Thursday, August 28, 2014
Behind The Scoreboard
Talking about top 10 coaches
A little while back we came out with the pre-season collegiate rankings of the most prominent teams in the Division I level of the NCAA. While it is true that quarterbacks are generally the first “heroes” recognized in the very successful seasons of the stalwarts, there is always a puppet master of sorts who pulls the strings of the puppets.
We all know how competitive the pro leagues are when it comes to finding and hiring that “right string puller,” all important to a properly conducted season. “Properly conducted” means a program which wins a prestigious bowl game or a national title.
Someone got the idea of ranking 128 head coaches in all of the super conferences in Division I. Arguably, these are the ACC, SEC, Pac 12, Big Ten and Big 12. If one looks closely at the stats, one will find that the most successful coaches are first and foremost relationship builders. This trait leads all other organizing challenges, including offense and defense schemes. A coach has to install an across-the-team relationship in which everything meshes. This has to be done with a gentle, but firm, persona. Being a real football buff, I could relish in apprising you of all the most salient attributes of the entire 128. But that would be just too many stats to ask you to digest. So, I have chosen 10 to talk to you about.

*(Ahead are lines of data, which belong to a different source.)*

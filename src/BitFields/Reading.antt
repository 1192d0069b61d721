-- ===== src/BitFields/Reading.antt =====
-- Reading a field takes as many bits as the field is wide, and returns the number that they spell,
-- however the reads are split into bits and bytes.
use streamserver_cvn.Prelude.{
  ℕ, zero, suc, ◌+◌, ◌-◌, ◌*◌, ◌%◌, ◌^◌, ◌≤◌, ◌<◌, ◌≡◌, refl, sym, ap, ◌∙◌, Bool, true, false, ◌&&◌,
  List, [], ◌∷◌, ◌++◌, append_assoc, arith, leb, ◌==◌, length, length-append, length-take,
  length-drop, take-append-drop, take, drop, Bool-cases, inl, inr,
}
use native.Mathlib.Nat.{mod-eq_of_lt, pow-le-pow_right}
use streamserver_cvn.Prelude.Outcome.{ok, pure, ◌>>=◌}
use streamserver_cvn.Bits.{
  bit_value, to_bits, from_bits, from_bits_acc, from_bits-append, from_bits-to_bits, length-to_bits,
  pow_suc, pow_pos,
}
use streamserver_cvn.BitStream.{BitStream, is_byte_aligned, take_bit, take_byte_aligned}
use streamserver_cvn.BitStream.Reading.{
  length-remaining, bits_left-eq-zero, Holds, Reads, take_bit-Reads, take_byte_aligned-Reads,
}
use streamserver_cvn.BitStream.Arrays.{ReadsAligned}
use streamserver_cvn.BitFields.{take_loop, take_unsigned, take_signed, shift_in}

-- The working type has room for the value so far and `n` more bits.
abbrev Fits : ℕ → ℕ → ℕ → Type 0
Fits working tmp n = (tmp + 1) * 2 ^ n ≤ 2 ^ working

Fits-suc :
    (working tmp n bit : ℕ) → bit ≤ 1 → Fits working tmp (suc n) → Fits working (tmp * 2 + bit) n
Fits-suc working tmp n bit b h =
    let more : (tmp * 2 + bit + 1) * 2 ^ n ≤ (tmp * 2 + 2) * 2 ^ n = grind arith in
    omega (arith, rw (pow_suc n) at h)

Fits-lt : (working tmp n : ℕ) → Fits working tmp n → tmp < 2 ^ working
Fits-lt working tmp n h =
    let wide : (tmp + 1) * 1 ≤ (tmp + 1) * 2 ^ n = grind (arith, pow_pos n) in omega arith

Fits-from_bits :
    (working tmp : ℕ) (bs : List Bool) (n : ℕ)
    → Fits working tmp (length bs + n)
    → Fits working (from_bits tmp bs) n
Fits-from_bits working tmp [] n h = let e : 0 + n ≡ n = omega arith in rw e at h
Fits-from_bits working tmp (b ∷ bs) n h =
    let e : suc (length bs) + n ≡ suc (length bs + n) = omega arith in
    Fits-from_bits working (tmp * 2 + bit_value b) bs n
      (Fits-suc working tmp (length bs + n) (bit_value b) (ground arith) (rw e at h))

-- One round of the loop adds its bits to the value.
shift_in-from_bits :
    (working tmp : ℕ) (bs : List Bool) (n : ℕ)
    → Fits working tmp (length bs + n)
    → shift_in working tmp (2 ^ length bs) (from_bits 0 bs) ≡ from_bits tmp bs
shift_in-from_bits working tmp bs n h =
    let small = Fits-lt working (from_bits tmp bs) n (Fits-from_bits working tmp bs n h) in
    rw (← from_bits_acc tmp bs) (mod-eq_of_lt small)

module _ (s t : BitStream) (fuel working left tmp acc : ℕ) where
  take_loop_byte :
      (byte rest : ℕ)
      → (leb 8 (suc left) && is_byte_aligned s) ≡ true
      → take_byte_aligned s ≡ ok byte t
      → suc left - 8 ≡ rest
      → shift_in working tmp 256 byte ≡ acc
      → take_loop (suc fuel) working (suc left) tmp s ≡ take_loop fuel working rest acc t
  unfolding take_loop
  take_loop_byte byte rest l e count sum = rw l (rw (e, ◌>>=◌) (rw (count, sum)))

  take_loop_bit :
      (bit : Bool)
      → (leb 8 (suc left) && is_byte_aligned s) ≡ false
      → take_bit s ≡ ok bit t
      → shift_in working tmp 2 (bit_value bit) ≡ acc
      → take_loop (suc fuel) working (suc left) tmp s ≡ take_loop fuel working left acc t
  unfolding take_loop
  take_loop_bit bit l e sum = rw l (rw (e, ◌>>=◌) (rw sum))

take_loop_done : (fuel working tmp : ℕ) (s : BitStream) → take_loop fuel working 0 tmp s ≡ ok tmp s
unfolding take_loop
take_loop_done zero working tmp s = refl
take_loop_done (suc fuel) working tmp s = refl

from_bits_split :
    (tmp : ℕ) (bs : List Bool)
    → from_bits (from_bits tmp (take 8 bs)) (drop 8 bs) ≡ from_bits tmp bs
from_bits_split tmp bs =
    sym (from_bits-append tmp (take 8 bs) (drop 8 bs)) ∙ ap (from_bits tmp) (take-append-drop 8 bs)

Holds-split :
    (s : BitStream) (bs rest : List Bool)
    → Holds s (bs ++ rest)
    → Holds s (take 8 bs ++ (drop 8 bs ++ rest))
Holds-split s bs rest h = record {
  reading = h.reading;
  held =
      h.held
      ∙ ap (λ v. v ++ rest) (sym (take-append-drop 8 bs))
      ∙ append_assoc (take 8 bs) (drop 8 bs) rest;
}

split_eight : (bs : List Bool) → 8 ≤ length bs → length (take 8 bs) ≡ 8
split_eight bs h = omega (arith, length-take 8 bs)

pub take_loop-Reads :
    (fuel working tmp : ℕ) (bs : List Bool)
    → length bs ≤ fuel
    → Fits working tmp (length bs)
    → Reads (take_loop fuel working (length bs) tmp) bs (from_bits tmp bs)
take_loop-Reads fuel working tmp [] l h s rest held = (s, take_loop_done fuel working tmp s, held)
take_loop-Reads zero working tmp (b ∷ bs) l h s rest held = absurd (omega arith)
take_loop-Reads (suc fuel) working tmp (b ∷ bs) l h s rest held =
    elim (Bool-cases (leb 8 (suc (length bs)) && is_byte_aligned s)) [
      | inl bytewise ↦
          let xs = take 8 (b ∷ bs) in
          let ys = drop 8 (b ∷ bs) in
          let eight : length xs ≡ 8 = split_eight (b ∷ bs) (ground arith) in
          let count : length ys ≡ suc (length bs) - 8 = length-drop 8 (b ∷ bs) in
          let total : length xs + length ys ≡ suc (length bs) = ground (arith, eight, count) in
          let fits : Fits working tmp (length xs + length ys) = rw total h in
          let z : s.bits_left ≡ 0 = ground (arith, held.reading.in_byte) in
          let split = Holds-split s (b ∷ bs) rest held in
          let (t, e, held') = take_byte_aligned-Reads s xs (ys ++ rest) z eight split in
          let acc = from_bits tmp xs in
          let sum : shift_in working tmp 256 (from_bits 0 xs) ≡ acc =
            rw eight at (shift_in-from_bits working tmp xs (length ys) fits) in
          let (u, e', held'') =
            take_loop-Reads fuel working acc ys (omega arith)
              (Fits-from_bits working tmp xs (length ys) fits) t rest held' in
          (
            u,
            take_loop_byte s t fuel working (length bs) tmp acc (from_bits 0 xs) (length ys)
                  bytewise e (sym count) sum
                ∙ rw (← from_bits_split tmp (b ∷ bs)) e',
            held'',
          )
      | inr bitwise ↦
          let (t, e, held') = take_bit-Reads b s (bs ++ rest) held in
          let acc = tmp * 2 + bit_value b in
          let fits : Fits working acc (length bs) =
            Fits-suc working tmp (length bs) (bit_value b) (ground arith) h in
          let sum : shift_in working tmp 2 (bit_value b) ≡ acc =
            mod-eq_of_lt (Fits-lt working acc (length bs) fits) in
          let (u, e', held'') =
            take_loop-Reads fuel working acc bs (omega arith) fits t rest held' in
          (u, take_loop_bit s t fuel working (length bs) tmp acc b bitwise e sum ∙ e', held'')
    ]

Fits-zero : (working : ℕ) (bs : List Bool) → length bs ≤ working → Fits working 0 (length bs)
Fits-zero working bs h = omega (arith, pow-le-pow_right {n = 2} (omega arith) h)

take_two_bytes :
    (s t u : BitStream) (working high low : ℕ)
    → take_byte_aligned s ≡ ok high t
    → take_byte_aligned t ≡ ok low u
    → (take_byte_aligned >>= λ high.
          take_byte_aligned >>= λ low. pure (shift_in working high 256 low))
        s
      ≡ ok (shift_in working high 256 low) u
take_two_bytes s t u working high low e e' = rw (e, ◌>>=◌) (rw (e', ◌>>=◌))

module _ (working : ℕ) (bs : List Bool) (room : length bs ≤ working) where
  take_two_bytes-Reads :
      (s : BitStream) (rest : List Bool)
      → length bs ≡ 16
      → s.bits_left ≡ 0
      → Holds s (bs ++ rest)
      → (t : BitStream) × ((take_byte_aligned >>= λ high.
              take_byte_aligned >>= λ low. pure (shift_in working high 256 low))
            s
          ≡ ok (from_bits 0 bs) t)
        × Holds t rest
  take_two_bytes-Reads s rest l z h =
      let xs = take 8 bs in
      let ys = drop 8 bs in
      let first : length xs ≡ 8 = split_eight bs (omega arith) in
      let second : length ys ≡ 8 = omega (arith, length-drop 8 bs) in
      let (t, e, held) =
        take_byte_aligned-Reads s xs (ys ++ rest) z first (Holds-split s bs rest h) in
      let whole : length (ys ++ rest) % 8 ≡ 0 = omega (
        arith,
        length-remaining s,
        ap length h.held,
        length-append bs rest,
        length-append ys rest,
      ) in
      let (u, e', held') =
        take_byte_aligned-Reads t ys rest (bits_left-eq-zero t (ys ++ rest) held whole) second
          held in
      let fits : Fits working (from_bits 0 xs) (length ys + 0) =
        Fits-from_bits working 0 xs (length ys + 0) (
          let total : length xs + (length ys + 0) ≡ length bs = omega (arith, length-drop 8 bs) in
          rw total (Fits-zero working bs room)) in
      let sum : shift_in working (from_bits 0 xs) 256 (from_bits 0 ys) ≡ from_bits 0 bs =
        rw second at (shift_in-from_bits working (from_bits 0 xs) ys 0 fits)
        ∙ from_bits_split 0 bs in
      (
        u,
        take_two_bytes s t u working (from_bits 0 xs) (from_bits 0 ys) e e' ∙ ap (λ v. ok v u) sum,
        held',
      )

  -- The value of an unsigned field is the number that its bits spell.
  pub take_unsigned-Reads : Reads (take_unsigned working (length bs)) bs (from_bits 0 bs)
  unfolding take_unsigned
  take_unsigned-Reads s rest h = elim (Bool-cases (length bs == 8 && is_byte_aligned s)) [
    | inl byte ↦
        rw byte
          (take_byte_aligned-Reads s bs rest (ground (arith, h.reading.in_byte)) (ground arith) h)
    | inr other ↦ rw other (elim (Bool-cases (length bs == 16 && is_byte_aligned s)) [
      | inl two ↦
          rw two (take_two_bytes-Reads s rest (ground arith) (ground (arith, h.reading.in_byte)) h)
      | inr general ↦ rw general (
          take_loop-Reads (length bs) working 0 bs (omega arith) (Fits-zero working bs room) s rest
            h)
    ])
  ]

-- A number that fits the field is read back from its bits.
pub take_unsigned-to_bits :
    (working width v : ℕ)
    → width ≤ working
    → v < 2 ^ width
    → Reads (take_unsigned working width) (to_bits width v) v
take_unsigned-to_bits working width v room small s rest h =
    let e = length-to_bits width v in
    let (t, p, q) = take_unsigned-Reads working (to_bits width v) (rw e room) s rest h in
    (t, rw e at p ∙ ap (λ x. ok x t) (from_bits-to_bits width v ∙ mod-eq_of_lt small), q)

-- A signed byte between two bytes is read as its bit pattern.
pub take_signed-ReadsAligned : (v : ℕ) → v < 256 → ReadsAligned (take_signed 8 8) (to_bits 8 v) v
unfolding take_signed
take_signed-ReadsAligned v small s rest w h =
    let z = bits_left-eq-zero s (to_bits 8 v ++ rest) h (omega arith) in
    let (t, e, held) = take_byte_aligned-Reads s (to_bits 8 v) rest z refl h in
    let test : is_byte_aligned s ≡ true = rw z in
    let value : from_bits 0 (to_bits 8 v) ≡ v = from_bits-to_bits 8 v ∙ mod-eq_of_lt small in
    (t, rw test (e ∙ ap (λ x. ok x t) value), held)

Number 10 is a relative newcomer to “big name” coaching (two years). Gus Malzahn made a name for himself at the helm of the Auburn Tigers. He went 12-2 in his maiden year and contested Florida State for the national (and last BCS) title last season. He has been a head coach at only one other place, Arkansas State in 2012. He replaced head coach Gene Chizik at the end of 2012. He had been the Auburn offensive coordinator under Chizik when the Tigers won the title in 2010.
Brian Kelly (number nine) has been a steady performer in his 23 years. He has a pair of Division II titles to his credit and lost in the national title game after Notre Dame went undefeated in 2012. He has had only one losing season and that was at Central Michigan in 2004. The Notre Dame Program (an independent) is ranked seventh nationally.
Number eight’s name is probably not a glaring word in these parts. Mark Dantonio has been guiding the Spartans of Michigan State for seven seasons and finally put the team back on the right track to being a household name. His biggest coup was a 13-1 finish and a victory over Stanford in the Rose Bowl last season.
Another coach who has turned a team around weighs in at number seven. His is a name not readily revered by us SEC watchers. Jimbo Fisher and his revived Seminoles won the title last season. Florida State had always been prosperous during the (Bobby) Bowden years. Jimbo’s Seminole program is ranked number one in the ACC and eleventh nationally. His career record (all at Florida State) is 45-10 in four years.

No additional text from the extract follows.